_DATASET RECORDS_
━━━━━━━━━━━━━━━━━━━━━━━━━━━━━━
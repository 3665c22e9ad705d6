-- ===== src/Files/Relative.antt =====
-- RELATIVE files of libcob/fileio.c. Each record of the file is a slot: a `size_t`, which is 0
-- where there is no record, and `record_max` bytes.
pub mod Slots
pub mod Transfers
pub mod Changes
pub mod Seek
pub mod Random
pub mod Forward
pub mod ReadNext
pub mod Restart
pub mod Keeps
pub mod Turns
pub mod Defined
pub mod Table
pub mod Held
pub mod Refinement
pub mod Lost
pub mod NotEqual
use blitzy_open_cobol.Base.{
  ℕ, zero, suc, ◌+◌, ◌*◌, ◌/◌, ◌==◌, Bool, true, false, ◌&&◌, ◌||◌, Option, none, some, List, ltb,
  if◌then◌else◌,
}
use blitzy_open_cobol.Base.Int.{ℤ, pos, negsuc, ◌+ℤ◌, ◌-ℤ◌, ◌*ℤ◌, abs, neg_ℤ, is_negative, pos_part}
use blitzy_open_cobol.Files.{
  CobFile, FileioFuncs, KeyField, Outcome, access_sequential, cond_eq, cond_lt, cond_le, cond_gt,
  cond_ge,
}
use blitzy_open_cobol.Files.Plain.{Host, cob_file_open, cob_file_close}
use blitzy_open_cobol.Files.Stdio.{Stream, fread, fwrite, fseek_set, fseek_cur}
use blitzy_open_cobol.Files.Stdio.Words.{le_bytes, le_value, word_size}

-- `f->record_max + sizeof (f->record->size)`
abbrev pub slot_size : CobFile → ℕ
slot_size f = f.record_max + word_size

-- `kindex * relsize`: the place of a slot, the first slot being 0.
abbrev pub slot_offset : CobFile → ℤ → ℤ
slot_offset f kindex = kindex *ℤ pos (slot_size f)

-- fread into `size`: the number that is read, if all its bytes are there.
unfoldable pub fread_size : Stream → Option ℕ × Stream
fread_size s =
    let (got, s') = fread word_size s in
    (elim got [ none ↦ none | some bytes ↦ some (le_value bytes) ], s')

-- The common beginning: fseek to a slot and fread its size.
unfoldable pub seek_size : CobFile → ℤ → Stream → Option ℕ × Stream
seek_size f kindex s = elim (fseek_set (slot_offset f kindex) s) [
  | none ↦ (none, s)
  | some s' ↦ fread_size s'
]

abbrev pub on_stream : CobFile → Stream → CobFile
on_stream f s = record f { stream = some s }

-- fwrite of the record's bytes behind its size, and the status.
unfoldable pub put_record : CobFile → Stream → CobFile × ℕ
put_record f s =
    let (done, s') = fwrite f.record_data s in
    elim done [ true ↦ (on_stream f s', 0) | false ↦ (on_stream f s', 30) ]

-- fread of the record's bytes.
unfoldable pub get_record : CobFile → Stream → CobFile × ℕ
get_record f s =
    let (got, s') = fread f.record_max s in
    elim got [
      | none ↦ (on_stream f s', 30)
      | some bytes ↦ (record f { record_data = bytes; stream = some s' }, 0)
    ]

-- `fseek (f->file, - sizeof (size_t), SEEK_CUR)`
abbrev pub back_one_word : Stream → Stream
back_one_word s = fseek_cur (negsuc 7) s

-- `relative_delete`, on the open stream and the number in the key field.
unfoldable pub delete_slot : CobFile → Stream → ℤ → CobFile × ℕ
delete_slot f s key =
    let (got, s') = seek_size f (key -ℤ pos 1) s in
    elim got [
      | none ↦ (on_stream f s', 23)
      | some n ↦
          let (done, s'') = fwrite (le_bytes word_size 0) (back_one_word s') in
          elim done [
            | false ↦ (record f { size = 0; stream = some s'' }, 30)
            | true ↦ (record f { size = 0; stream = some (fseek_cur (pos f.record_max) s'') }, 0)
          ]
    ]

-- `relative_rewrite`; with sequential access the record is the one that was read last.
unfoldable pub rewrite_slot : CobFile → Stream → ℤ → CobFile × ℕ
rewrite_slot f s key =
    let (got, s') = seek_size f (key -ℤ pos 1) s in
    elim got [ none ↦ (on_stream f s', 23) | some n ↦ put_record (record f { size = n }) s' ]

unfoldable pub rewrite_last : CobFile → Stream → CobFile × ℕ
rewrite_last f s = put_record f (fseek_cur (neg_ℤ (pos f.record_max)) s)

-- `relative_read`
unfoldable pub read_slot : CobFile → Stream → ℤ → CobFile × ℕ
read_slot f s key =
    let (got, s') = seek_size f (key -ℤ pos 1) s in
    elim got [
      | none ↦ (on_stream f s', 23)
      | some n ↦
          if n == 0
          then (record f { size = 0; stream = some (back_one_word s') }, 23)
          else get_record (record f { size = n }) s'
    ]

-- The two writes of `relative_write`.
unfoldable pub put_slot : CobFile → Stream → CobFile × ℕ
put_slot f s =
    let (done, s') = fwrite (le_bytes word_size f.size) s in
    elim done [ false ↦ (on_stream f s', 30) | true ↦ put_record f s' ]

-- `relative_write` from the look at the slot at which the stream stands.
unfoldable pub write_here : CobFile → Stream → CobFile × ℕ
write_here f s =
    let (got, s') = fread_size s in
    elim got [
      | some n ↦
          if ltb 0 n then (on_stream f (back_one_word s'), 22) else put_slot f (back_one_word s')
      | none ↦ put_slot f (record s' { position = s.position })
    ]

unfoldable pub write_slot : CobFile → Stream → ℤ → CobFile × ℕ
write_slot f s key = elim (fseek_set (slot_offset f (key -ℤ pos 1)) s) [
  | none ↦ (f, 21)
  | some s' ↦ write_here f s'
]

-- cob_set_int on a key field, where there is one.
abbrev keys_set : KeyField → ℤ → Option ℤ → Option ℤ
keys_set keys n none = none
keys_set keys n (some _) = some (keys.set_int n)

-- With sequential access the record goes to where the stream stands, and its number to the key.
unfoldable pub write_next : KeyField → CobFile → Stream → CobFile × ℕ
write_next keys f s =
    let (f', status) = write_here f s in
    let number = (s.position + slot_size f) / slot_size f in
    if status == 0
    then (record f' { relative_key = keys_set keys (pos number) f.relative_key }, 0)
    else (f', status)

-- The switch of `relative_start` behind a slot without a record; COB_EQ does not come here. There is
-- no case for COB_NE, which leaves the index as it is.
abbrev pub next_index : ℕ → ℤ → ℤ
next_index cond kindex =
    if cond == cond_lt || cond == cond_le
    then kindex -ℤ pos 1
    else if cond == cond_gt || cond == cond_ge
    then kindex +ℤ pos 1
    else kindex

-- The loop of `relative_start`. `none` means that the fuel ran out.
unfoldable pub start_scan : KeyField → ℕ → ℕ → CobFile → Stream → ℤ → Outcome
start_scan keys zero cond f s kindex = none
start_scan keys (suc fuel) cond f s kindex =
    let (got, s') = seek_size f kindex s in
    elim got [
      | none ↦ some (on_stream f s', 23)
      | some n ↦ elim (ltb 0 n) [
        | true ↦ some (
          record f {
            size = n;
            relative_key = some (keys.set_int (kindex +ℤ pos 1));
            stream = some (back_one_word s');
          },
          0,
        )
        | false ↦ elim (cond == cond_eq) [
          | true ↦ some (record f { size = n; stream = some s' }, 23)
          | false ↦ start_scan keys fuel cond (record f { size = n }) s' (next_index cond kindex)
        ]
      ]
    ]

-- `relative_start`. A slot takes one byte at least, so with the relations EQUAL to NOT LESS no more
-- turns are needed than the file has bytes and the key has numbers below it.
unfoldable pub start_slot : KeyField → ℕ → CobFile → Stream → ℤ → Outcome
start_slot keys cond f s key =
    let kindex = key -ℤ pos 1 in
    let first =
      if cond == cond_lt
      then kindex -ℤ pos 1
      else if cond == cond_gt
      then kindex +ℤ pos 1
      else kindex in
    start_scan keys (s.size + abs key + 2) cond f s first

-- The key field of `relative_read_next`: the number of the slot whose size was read, or none where
-- it does not fit.
unfoldable pub next_key : KeyField → CobFile → Stream → ℤ × Bool
next_key keys f s =
    let number = s.position / slot_size f + 1 in
    if ltb 0 f.flag_first_read
    then (keys.set_int (pos 1), true)
    else elim (keys.add_int (keys.set_int (pos 0)) (pos number)) [
      | none ↦ (keys.set_int (pos 0), false)
      | some key ↦ (key, true)
    ]

unfoldable pub with_next_key : KeyField → CobFile → Stream → CobFile × Bool
with_next_key keys f s = elim f.relative_key [
  | none ↦ (f, true)
  | some _ ↦
      let (key, fits) = next_key keys f s in
      (
        record f {
          relative_key = some key;
          flag_first_read = if ltb 0 f.flag_first_read then 0 else f.flag_first_read;
        },
        fits,
      )
]

-- The loop of `relative_read_next`; `none` means that the fuel ran out.
unfoldable pub next_scan : KeyField → ℕ → CobFile → Stream → Outcome
next_scan keys zero f s = none
next_scan keys (suc fuel) f s =
    let (got, s') = fread_size s in
    elim got [
      | none ↦ some (on_stream f s', if s'.ferror then 30 else 10)
      | some n ↦
          let (f', fits) = with_next_key keys (record f { size = n }) s' in
          elim fits [
            | false ↦ some (on_stream f' (back_one_word s'), 14)
            | true ↦ elim (ltb 0 n) [
              | true ↦ some (get_record f' s')
              | false ↦ next_scan keys fuel f' (fseek_cur (pos f.record_max) s')
            ]
          ]
    ]

-- `relative_read_next`: each turn goes on by a slot, so there are no more turns than bytes left.
unfoldable pub next_slot : KeyField → CobFile → Stream → Outcome
next_slot keys f s = next_scan keys (s.size + 1) f s

-- The functions of the table `relative_funcs`, where the stream and the key must be there.
abbrev with_stream : CobFile → (Stream → Outcome) → Outcome
with_stream f k = elim f.stream [ none ↦ none | some s ↦ k s ]

abbrev with_key : CobFile → (ℤ → Outcome) → Outcome
with_key f k = elim f.relative_key [ none ↦ none | some key ↦ k key ]

module _ (keys : KeyField) where
  unfoldable pub relative_start : CobFile → ℕ → Outcome
  relative_start f cond = with_stream f (λ s. with_key f (λ key. start_slot keys cond f s key))

  unfoldable pub relative_read_next : CobFile → Outcome
  relative_read_next f = with_stream f (λ s. next_slot keys f s)

  unfoldable pub relative_write : CobFile → ℕ → Outcome
  relative_write f opt = with_stream f (λ s.
      if f.access_mode == access_sequential
      then some (write_next keys f s)
      else with_key f (λ key. some (write_slot f s key)))

unfoldable pub relative_read : CobFile → Outcome
relative_read f = with_stream f (λ s. with_key f (λ key. some (read_slot f s key)))

unfoldable pub relative_rewrite : CobFile → ℕ → Outcome
relative_rewrite f opt = with_stream f (λ s.
    if f.access_mode == access_sequential
    then some (rewrite_last f s)
    else with_key f (λ key. some (rewrite_slot f s key)))

unfoldable pub relative_delete : CobFile → Outcome
relative_delete f = with_stream f (λ s. with_key f (λ key. some (delete_slot f s key)))

-- The table `relative_funcs`.
abbrev pub relative_funcs : Host → KeyField → FileioFuncs
relative_funcs host keys = record {
  open_file = cob_file_open host;
  close = cob_file_close;
  start = relative_start keys;
  read = relative_read;
  read_next = relative_read_next keys;
  write = relative_write keys;
  rewrite = relative_rewrite;
  fdelete = relative_delete;
}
━━━━━━━━━━━━━━━━━━━━━━━━━━━━━━
_TASK_
State the count of lines in the data holding the word "false", adding nothing to it.

_ANSWER FOR THIS EXERCISE_
9